I like useful and inexpensive :wavey:


----------



## Carol (Nov 18, 2012)

Personally I wouldn't travel with any gear that I haven't tested beforehand.  Have you tried all of your strikers?   Harbor Freight strikes me as a place that buys a lot of made in China knockoffs as cheaply they can so they can sell the items at low prices.  For that reason, I'd wonder if there was some inconsistency with the metal used. 

Useful and inexpensive is indeed good, think I'll take a ride out to pick up a couple of new toys for the backpack


----------



## Kong Soo Do (Nov 18, 2012)

Carol said:


> Personally I wouldn't travel with any gear that I haven't tested beforehand.  Have you tried all of your strikers?   Harbor Freight strikes me as a place that buys a lot of made in China knockoffs as cheaply they can so they can sell the items at low prices.  For that reason, I'd wonder if there was some inconsistency with the metal used.
> 
> Useful and inexpensive is indeed good, think I'll take a ride out to pick up a couple of new toys for the backpack



Several YT posts compared them with other brands and they worked just fine.  I've tested mine as well and they worked great.  Got them in my BOB, GHB's and my EDC's.  The black needs to be scraped off the flint to get it to spark, but that just takes a few scrapes with a good scraper or knife.


----------



## Carol (Nov 18, 2012)

Well, my Harbor Frieght was out of them, so they can't be that bad :lol:


----------



## Kong Soo Do (Nov 19, 2012)

Well when they restock, don't forget the 20% coupon and the free flashlight coupon :ultracool


----------



## shesulsa (Nov 19, 2012)

I don't buy from Harbor Freight anymore. The tools I've bought there last for about two weeks before they either fall apart or fail. Something I need to rely on regularly is not something I would buy there. Work gloves, sure, they're expected to wear out.  Something I want to rely on in a survival situation? NOT something I would buy there.


----------



## Kong Soo Do (Nov 19, 2012)

shesulsa said:


> I don't buy from Harbor Freight anymore. The tools I've bought there last for about two weeks before they either fall apart or fail. Something I need to rely on regularly is not something I would buy there. Work gloves, sure, they're expected to wear out. Something I want to rely on in a survival situation? NOT something I would buy there.

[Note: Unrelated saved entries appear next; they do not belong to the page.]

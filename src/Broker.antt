-- ===== src/Broker.antt =====
-- The publisher of the outbox (pkg/broker/broker.go). The channel belongs to the RabbitMQ client
-- and JSON encoding to Go's library: both are arguments.
use microservices_go.Prelude.{String, Bool, true, false, Bytes, decimal}
use microservices_go.Errors.{wrap, Result, done, fail}
use microservices_go.Json.{Payload, Body}
use microservices_go.Outbox.{Event}
use microservices_go.Outbox.Worker.{EventPublisher}

-- The arguments of PublishWithContext and the fields of amqp.Publishing that are set.
pub record Message : Type 0 where
  pub exchange : String
  pub routing_key : String
  pub mandatory : Bool
  pub immediate : Bool
  pub content_type : String
  pub body : Body
  pub message_id : Bytes
  pub persistent : Bool

-- `send` is what the channel answers to a message when the connection holds; an error of the
-- connection comes with the call of the worker.
pub record RabbitPublisher : Type 0 where
  pub exchange : String
  pub marshal : Payload → Result Body
  pub send : Message → Result (Unit {0})

abbrev pub message_for : String → Event → Body → Message
message_for exchange e body = record {
  exchange = exchange;
  routing_key = e.event_type;
  mandatory = false;
  immediate = false;
  content_type = "application/json";
  body = body;
  message_id = decimal e.id;
  persistent = true;
}

-- The message is named in the result for the record of what was sent.
unfoldable pub publish : RabbitPublisher → Event → Result Message
publish p e = elim (p.marshal e.payload) [
  | fail err ↦ fail (wrap "failed to marshal payload" err)
  | done body ↦ elim (p.send (message_for p.exchange e body)) [
    | fail err ↦ fail (wrap "failed to publish to rabbitmq" err)
    | done _ ↦ done (message_for p.exchange e body)
  ]
]

abbrev pub rabbit_publisher : RabbitPublisher → EventPublisher Message
rabbit_publisher p = record { publish = publish p }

Depends on the tool/resource.  Just using the HF mag-bar as an example, I've seen no difference between it and other brands except the price.  The first one I bought was at Wally World for $7.  It didn't do anything the $2 HF didn't also do as well.  Another example is the reflective vests.  I bought two of them, one for each vehicle.  This way if I have a flat tire at night on the side of the road I at least have some reflective clothing for oncoming traffic to see me (in additon to other attention-getters in my GHB).  They were just a few dollars each and no different really than others I've seen.  I agree that if I needed a long lasting tool that was going to get a lot of use I'd probably go with a name brand like Craftman etc.  But with some items, there really isn't any difference beyond the price.  The mag-bar is one of these cases.


----------



## shesulsa (Nov 19, 2012)

Kong Soo Do said:


> Depends on the tool/resource.  Just using the HF mag-bar as an example, I've seen no difference between it and other brands except the price.  The first one I bought was at Wally World for $7.  It didn't do anything the $2 HF didn't also do as well.  Another example is the reflective vests.  I bought two of them, one for each vehicle.  This way if I have a flat tire at night on the side of the road I at least have some reflective clothing for oncoming traffic to see me (in additon to other attention-getters in my GHB).  They were just a few dollars each and no different really than others I've seen.  I agree that if I needed a long lasting tool that was going to get a lot of use I'd probably go with a name brand like Craftman etc.  But with some items, there really isn't any difference beyond the price.  The mag-bar is one of these cases.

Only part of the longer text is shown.